Last month, workers wrapped up the first part of a gigantic project to restore Cancun's beach after Hurricane Wilma blasted the resort in October. They sucked up sand from a site 20 miles offshore, carried it to Cancun on a ship and used pipes to pump the sand onto the shore.

But experts say it's just a matter of time before nature takes the beach away again. Engineers are trying to find a way to permanently protect the beach, perhaps with giant underwater barriers.
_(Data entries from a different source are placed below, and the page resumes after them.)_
-- ===== src/Auth/Account/RoundTrip.antt =====
-- A credential file as its author writes it, and what the backend loads from it.
use st5039cmd.Base.{ℕ, ◌≤◌, ◌<◌, ◌≡◌, true, false, List, length, All, ◌==◌}
use st5039cmd.Base.CString.{print_zeroed}
use st5039cmd.Auth.Request.{DemoCredential}
use st5039cmd.Auth.Account.{is_ignored}

-- A byte that may stand in a line: no NUL, no line break.
abbrev pub IsPlain : ℕ → Type 0
IsPlain c = ((c == 0) ≡ false) × ((c == 10) ≡ false) × ((c == 13) ≡ false)

-- An empty line or a comment.
abbrev pub IsRemark : List ℕ → Type 0
IsRemark t = (length t < 195) × All IsPlain t × (is_ignored t ≡ true)

-- A byte of a user name or a password.
abbrev pub IsNameByte : ℕ → Type 0
IsNameByte c = IsPlain c × ((c == b':') ≡ false)

abbrev pub account_of : List ℕ → List ℕ → DemoCredential
account_of u p = record { username = print_zeroed 64 u; password = print_zeroed 128 p }

-- A user name or a password of up to `n` bytes.
abbrev pub IsName : ℕ → List ℕ → Type 0
IsName n t = (0 < length t) × (length t ≤ n) × All IsNameByte t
At stake is the largest of the beach resorts that ring Mexico, an international attraction that dwarfs others like Cabo San Lucas, Rocky Point and Mazatlan. Cancun accounts for one-third of all of Mexico's tourism income, more than $3 billion a year.

Cancun's beach problems are not unique, but long-term beach loss would be a catastrophe because the city also is a jobs center for tens of thousands of Mexicans. Tourism pumped about $11 billion into Mexico in 2005. Officials there already attribute a dip in tourism to beach erosion.

"They have to do something," Delfino Mora Sosa, an employee at the Flamingo Hotel, said as he gazed at the new man-made beach from the hotel's roof. "People come here for the beach. Without that, there's no reason to come."

The soft sand and dazzling waters are what inspired the Mexican government to turn Cancun Island into the country's first planned resort in 1974.

Back then, Cancun was little more than a sandbar near the town of Puerto Juarez, on the eastern side of the Yucatan Peninsula. The government built causeways, water treatment plants and a modern airport. Soon, hotels were popping up all along the island.

Cancun now attracts 4.6 million tourists a year, easily outdrawing by more than 3 million visitors the Baja resort area of Los Cabos, which includes Cabo San Lucas.

But Cancun has a special weakness. Unlike resorts such as Acapulco or Ixtapa, which are on the mainland protected by large bays, Cancun's resorts and hotels are on a barrier island, a straight line of sand completely exposed to the Caribbean Sea. Waves keep the sand constantly moving.

Cancun's location puts it in the Caribbean hurricane corridor, and it has been hit several times in the past few decades.

By 2005, Cancun's beach had shrunk from a high of 178 feet in 1973 to 15 feet in some places.